# Brisket Rub faves



## chitownsmoker99 (May 28, 2015)

I usually do a rub that is made up of :

1/3 Cup Salt

1/3 Cup Pepper

1/3 Cup Chili Powder

1/3 Cup Paprika

1/3 Brown Sugar

It has a really nice spice to it. I just started doing Brisket last year. I prolly have smoked about 6 or 7 Briskets. I tired a rub that had coffee in it and that one was really good. The reason Im asking is because I am fairly new to smoking Brisket I would love to hear other rubs that work well.

Also any other tips you guys may have would be greatly appreciated.


----------



## remoob03 (May 28, 2015)

I use a run that's 
Salt 
Pepper fresh cracked
White pepper
Garlic
Horseradish powder
Paprika for color

The horseradish powder is very good with the brisket but can go a long way.


----------



## jburns80 (Jun 2, 2015)

My recipe that I use is as follows:

1/3 Cup Kosher Salt

1/3 Cup fresh ground black pepper

3 tablespoons of granulated onion

3 tablespoons of granulated garlic

1 tablespoon 6 pepper blend

I keep mine fairly simple and I don't use sugars on beef.

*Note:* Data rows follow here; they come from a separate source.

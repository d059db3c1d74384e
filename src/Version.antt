-- ===== src/Version.antt =====
-- Protocol versions and upgrades: execution-engine/types/src/semver.rs and
-- execution-engine/types/src/protocol_version.rs. The parts of a version are `u32`; an addition
-- wraps around, as in a build for release.
pub mod Order
pub mod Upgrade
mod Tests
use casper_labs.Base.{
  ℕ, ◌+◌, ◌%◌, ◌^◌, Bool, true, false, not, ◌||◌, min, ◌-◌, ltb, leb, ◌==◌, if◌then◌else◌,
}

pub record SemVer : Type 0 where
  pub major : ℕ
  pub minor : ℕ
  pub patch : ℕ

abbrev pub u32_max : ℕ
u32_max = 2 ^ 32 - 1

abbrev pub ProtocolVersion : Type 0
ProtocolVersion = SemVer

abbrev pub from_parts : ℕ → ℕ → ℕ → ProtocolVersion
from_parts major minor patch = record { major = major; minor = minor; patch = patch }

pub data VersionCheckResult : Type 0 where
  code_is_required code_is_optional invalid : VersionCheckResult

unfoldable pub is_invalid : VersionCheckResult → Bool
is_invalid invalid = true
is_invalid code_is_required = false
is_invalid code_is_optional = false

unfoldable pub is_code_required : VersionCheckResult → Bool
is_code_required code_is_required = true
is_code_required _ = false

-- `x + 1` and `x.saturating_add(1)`
abbrev pub wrapping_next : ℕ → ℕ
wrapping_next x = (x + 1) % 2 ^ 32

abbrev pub saturating_next : ℕ → ℕ
saturating_next x = min u32_max (x + 1)

-- The versions agree in their minor parts.
abbrev pub check_patch : ProtocolVersion → ProtocolVersion → VersionCheckResult
check_patch current next = if leb next.patch current.patch then invalid else code_is_optional

-- The versions agree in their major parts.
abbrev pub check_minor : ProtocolVersion → ProtocolVersion → VersionCheckResult
check_minor current next =
    if ltb next.minor current.minor || ltb (wrapping_next current.minor) next.minor
    then invalid
    else if next.minor == wrapping_next current.minor
    then (if not (next.patch == 0) then invalid else code_is_optional)
    else check_patch current next

unfoldable pub check_next_version : ProtocolVersion → ProtocolVersion → VersionCheckResult
check_next_version current next =
    if ltb next.major current.major || ltb (wrapping_next current.major) next.major
    then invalid
    else if next.major == saturating_next current.major
    then (if not (next.minor == 0) || not (next.patch == 0) then invalid else code_is_required)
    else check_minor current next

unfoldable pub is_compatible_with : ProtocolVersion → ProtocolVersion → Bool
is_compatible_with current version = current.major == version.major
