-- ===== src/Values.antt =====
-- What the global state stores: execution-engine/engine-shared/src/stored_value.rs and
-- execution-engine/engine-shared/src/contract.rs, with the integral types of
-- execution-engine/types/src/cl_type.rs.
mod Numbers
unfoldable pub use Numbers.*
use Prim.Native.String.{String}
use casper_labs.Base.{ℕ, Option, none, some, List, Result, ok, err}
use casper_labs.Types.{Key, PurseId}
use casper_labs.Account.{Account}
use casper_labs.Version.{ProtocolVersion}

pub data BytesreprError : Type 0 where
  early_end_of_stream formatting_error left_over_bytes out_of_memory_error : BytesreprError

-- A `BTreeMap<String, Key>`, as what it holds under each name.
abbrev pub NamedKeys : Type 0
NamedKeys = String → Option Key

-- The entry of the second map under a name, or else that of the first.
abbrev pub prefer : Option Key → Option Key → Option Key
prefer old none = old
prefer old (some key) = some key

-- `BTreeMap::append`: the entries of the second map replace those of the first.
abbrev pub append : NamedKeys → NamedKeys → NamedKeys
append keys more = λ name. prefer (keys name) (more name)

-- A value of an integral type; bytes under an integral type that decode to no value of it; and a
-- value `v : V` of any other type.
pub data ClValue (V : Type 0) : Type 0 where
  number : NumType → ℕ → ClValue V
  broken : NumType → BytesreprError → ClValue V
  other : V → ClValue V

pub record Contract : Type 0 where
  pub bytes : List ℕ
  pub named_keys : NamedKeys
  pub protocol_version : ProtocolVersion

pub data StoredValue (V : Type 0) : Type 0 where
  cl_value : ClValue V → StoredValue V
  account : Account NamedKeys PurseId → StoredValue V
  contract : Contract → StoredValue V

abbrev pub account_append : NamedKeys → Account NamedKeys PurseId → Account NamedKeys PurseId
account_append keys a = record a { named_keys = append a.named_keys keys }

abbrev pub contract_append : NamedKeys → Contract → Contract
contract_append keys c = record c { named_keys = append c.named_keys keys }
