-- ===== src/ApiError.antt =====
-- The errors of execution-engine/types/src/api_error.rs, and their numbers in the host interface. The
-- conversions from a `CLValueError` and from the failure to read a public key are left out.
use casper_labs.Base.{ℕ, ◌+◌, ◌-◌, ◌*◌, ◌%◌, Result, ok, err, ⊤, Bool, ◌&&◌, if◌then◌else◌}
use casper_labs.Base.Int.{ℤ, pos, negsuc, ◌==ℤ◌, ◌<ℤ◌, ◌<=ℤ◌, ◌>=ℤ◌, ◌>ℤ◌}
use casper_labs.Account.{
  TryFromIntError, SetThresholdFailure, AddKeyFailure, RemoveKeyFailure, UpdateKeyFailure,
}
use casper_labs.Mint.{MintError, error_as_u8}
use casper_labs.Pos.Error.{Error, pos_error_as_u8}
use casper_labs.Values.{BytesreprError}
pub mod Codes
pub mod Tests

abbrev pub reserved_error_max : ℕ
reserved_error_max = 65535

abbrev pub pos_error_offset : ℕ
pos_error_offset = reserved_error_max - 255

abbrev pub mint_error_offset : ℕ
mint_error_offset = (pos_error_offset - 1) - 255

pub data ApiError : Type 0 where
  none missing_argument invalid_argument : ApiError
  deserialize read value_not_found : ApiError
  contract_not_found get_key unexpected_key_variant : ApiError
  unexpected_value_variant unexpected_contract_ref_variant invalid_purse_name : ApiError
  invalid_purse upgrade_contract_at_u_ref transfer : ApiError
  no_access_rights value_conversion cl_type_mismatch : ApiError
  early_end_of_stream formatting_error left_over_bytes : ApiError
  out_of_memory_error max_keys_limit duplicate_key : ApiError
  permission_denied missing_key threshold_violation : ApiError
  key_management_threshold_error deployment_threshold_error permission_denied_error : ApiError
  insufficient_total_weight invalid_system_contract purse_not_created : ApiError
  unhandled buffer_too_small host_buffer_empty : ApiError
  host_buffer_full : ApiError
  mint proof_of_stake : ℕ → ApiError
  user : ℕ → ApiError

-- `From<AddKeyFailure>`, and the like for the other types of errors
abbrev pub from_add_key_failure : AddKeyFailure → ApiError
from_add_key_failure AddKeyFailure.max_keys_limit = ApiError.max_keys_limit
from_add_key_failure AddKeyFailure.duplicate_key = ApiError.duplicate_key
from_add_key_failure AddKeyFailure.permission_denied = ApiError.permission_denied

abbrev pub from_update_key_failure : UpdateKeyFailure → ApiError
from_update_key_failure UpdateKeyFailure.missing_key = ApiError.missing_key
from_update_key_failure UpdateKeyFailure.permission_denied = ApiError.permission_denied
from_update_key_failure UpdateKeyFailure.threshold_violation = ApiError.threshold_violation

abbrev pub from_remove_key_failure : RemoveKeyFailure → ApiError
from_remove_key_failure RemoveKeyFailure.missing_key = ApiError.missing_key
from_remove_key_failure RemoveKeyFailure.permission_denied = ApiError.permission_denied
from_remove_key_failure RemoveKeyFailure.threshold_violation = ApiError.threshold_violation

abbrev pub from_set_threshold_failure : SetThresholdFailure → ApiError
from_set_threshold_failure SetThresholdFailure.key_management_threshold_error =
    ApiError.key_management_threshold_error
from_set_threshold_failure SetThresholdFailure.deployment_threshold_error =
    ApiError.deployment_threshold_error
from_set_threshold_failure SetThresholdFailure.permission_denied_error =
    ApiError.permission_denied_error
from_set_threshold_failure SetThresholdFailure.insufficient_total_weight =
    ApiError.insufficient_total_weight

abbrev pub from_mint_error : MintError → ApiError
from_mint_error e = mint (error_as_u8 e)

abbrev pub from_pos_error : Error → ApiError
from_pos_error e = proof_of_stake (pos_error_as_u8 e)

abbrev pub from_try_from_int_error : TryFromIntError → ApiError
from_try_from_int_error _ = unhandled

abbrev pub from_bytesrepr_error : BytesreprError → ApiError
from_bytesrepr_error BytesreprError.early_end_of_stream = ApiError.early_end_of_stream
from_bytesrepr_error BytesreprError.formatting_error = ApiError.formatting_error
from_bytesrepr_error BytesreprError.left_over_bytes = ApiError.left_over_bytes
from_bytesrepr_error BytesreprError.out_of_memory_error = ApiError.out_of_memory_error

-- `From<ApiError> for u32`
pub u32_from : ApiError → ℕ
u32_from none = 1
u32_from missing_argument = 2
u32_from invalid_argument = 3
u32_from deserialize = 4
u32_from read = 5
u32_from value_not_found = 6
u32_from contract_not_found = 7
u32_from get_key = 8
u32_from unexpected_key_variant = 9
u32_from unexpected_value_variant = 10
u32_from unexpected_contract_ref_variant = 11
u32_from invalid_purse_name = 12
u32_from invalid_purse = 13
u32_from upgrade_contract_at_u_ref = 14
u32_from transfer = 15
u32_from no_access_rights = 16
u32_from value_conversion = 17
u32_from cl_type_mismatch = 18
u32_from early_end_of_stream = 19
u32_from formatting_error = 20
u32_from left_over_bytes = 21
u32_from out_of_memory_error = 22
u32_from max_keys_limit = 23
u32_from duplicate_key = 24
u32_from permission_denied = 25
u32_from missing_key = 26
u32_from threshold_violation = 27
u32_from key_management_threshold_error = 28
u32_from deployment_threshold_error = 29
u32_from permission_denied_error = 30
u32_from insufficient_total_weight = 31
u32_from invalid_system_contract = 32
u32_from purse_not_created = 33
u32_from unhandled = 34
u32_from buffer_too_small = 35
u32_from host_buffer_empty = 36
u32_from host_buffer_full = 37
u32_from (mint value) = mint_error_offset + value
u32_from (proof_of_stake value) = pos_error_offset + value
u32_from (user value) = reserved_error_max + 1 + value

pub i32_from : Result ApiError ⊤ → ℤ
i32_from (ok _) = pos 0
i32_from (err error) = pos (u32_from error)

-- `as u16` and `as u8` of an `i32` keep the low bits.
abbrev low_bits : ℕ → ℤ → ℕ
low_bits m (pos n) = n % m
low_bits m (negsuc n) = (m - 1) - n % m

-- The last arm of `result_from`
pub result_from_range : ℤ → Result ApiError ⊤
result_from_range value =
    if (value >ℤ pos reserved_error_max) && (value <=ℤ pos (2 * reserved_error_max + 1))
    then err (user (low_bits 65536 value))
    else if (value >=ℤ pos pos_error_offset) && (value <=ℤ pos reserved_error_max)
    then err (proof_of_stake (low_bits 256 value))
    else if (value >=ℤ pos mint_error_offset) && (value <ℤ pos pos_error_offset)
    then err (mint (low_bits 256 value))
    else err unhandled

pub result_from : ℤ → Result ApiError ⊤
result_from value =
    if value ==ℤ pos 0
    then ok tt
    else if value ==ℤ pos 1
    then err none
    else if value ==ℤ pos 2
    then err missing_argument
    else if value ==ℤ pos 3
    then err invalid_argument
    else if value ==ℤ pos 4
    then err deserialize
    else if value ==ℤ pos 5
    then err read
    else if value ==ℤ pos 6
    then err value_not_found
    else if value ==ℤ pos 7
    then err contract_not_found
    else if value ==ℤ pos 8
    then err get_key
    else if value ==ℤ pos 9
    then err unexpected_key_variant
    else if value ==ℤ pos 10
    then err unexpected_value_variant
    else if value ==ℤ pos 11
    then err unexpected_contract_ref_variant
    else if value ==ℤ pos 12
    then err invalid_purse_name
    else if value ==ℤ pos 13
    then err invalid_purse
    else if value ==ℤ pos 14
    then err upgrade_contract_at_u_ref
    else if value ==ℤ pos 15
    then err transfer
    else if value ==ℤ pos 16
    then err no_access_rights
    else if value ==ℤ pos 17
    then err value_conversion
    else if value ==ℤ pos 18
    then err cl_type_mismatch
    else if value ==ℤ pos 19
    then err early_end_of_stream
    else if value ==ℤ pos 20
    then err formatting_error
    else if value ==ℤ pos 21
    then err left_over_bytes
    else if value ==ℤ pos 22
    then err out_of_memory_error
    else if value ==ℤ pos 23
    then err max_keys_limit
    else if value ==ℤ pos 24
    then err duplicate_key
    else if value ==ℤ pos 25
    then err permission_denied
    else if value ==ℤ pos 26
    then err missing_key
    else if value ==ℤ pos 27
    then err threshold_violation
    else if value ==ℤ pos 28
    then err key_management_threshold_error
    else if value ==ℤ pos 29
    then err deployment_threshold_error
    else if value ==ℤ pos 30
    then err permission_denied_error
    else if value ==ℤ pos 31
    then err insufficient_total_weight
    else if value ==ℤ pos 32
    then err invalid_system_contract
    else if value ==ℤ pos 33
    then err purse_not_created
    else if value ==ℤ pos 34
    then err unhandled
    else if value ==ℤ pos 35
    then err buffer_too_small
    else if value ==ℤ pos 36
    then err host_buffer_empty
    else if value ==ℤ pos 37
    then err host_buffer_full
    else result_from_range value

Just personal preference.


----------



## jirodriguez (Jun 2, 2015)

I keep it simple so the meat stays the star:

Rub the outside of the brisket with some worcestershire sauce and a mix of salt, pepper, and granulated garlic.
(If I'm feeling fancy maybe a light dusting of paprika).

My salt mix is 1 part each salt, pepper, garlic.

Gives a nice flavor, but doesn't cover up the beef.


----------



## nursewizzle (Oct 6, 2015)

JIRodriguez said:


> Rub the outside of the brisket with some worcestershire sauce and a mix of salt, pepper, and granulated garlic.


This is exactly what I did and it turned out awesome!


----------



## skorepeo (Nov 22, 2015)

I take a 50/50 kosher salt and pepper blend (whole pepper corns ground in a spice grinder) I spritz the brisket or ribs with water and apply the Dalmatian rub 2 days before the cook. I then wrap it and back in the fridge. 1 day before the cook I make up this rub and apply it then back in the fridge over night then start the cook the next day.

Put the following spices in the spice grinder and give a quick grind just a couple of taps to mix but not pulverize. Add to Beef Brisket or Beef Ribs 24 hours before cooking. I spritz the Brisket or ribs every 40 minutes with 100 percent pure apple juice for the first 4 hours of the cook.

1 tablespoon white sugar

1 tablespoon granulated onion

2 teaspoons mustard powder

2 teaspoons granulated garlic

2 teaspoons chili powder

2 teaspoons paprika

I always use 2/3 hickory and 1/3 mesquite in my offset stick burner for the first 4 hours. This gives IMO the best flavor of smoke for beef. For the ribs I finish in the same smoker but the Brisket I always transfer to my Rec Tec because that allows me to sleep while the meat smokes for usually another 12 hours or more.


----------



## mrssmoketrooper (Apr 3, 2016)

Used your rub today on our brisket and it was delicious!  Thank you for sharing the recipe.


----------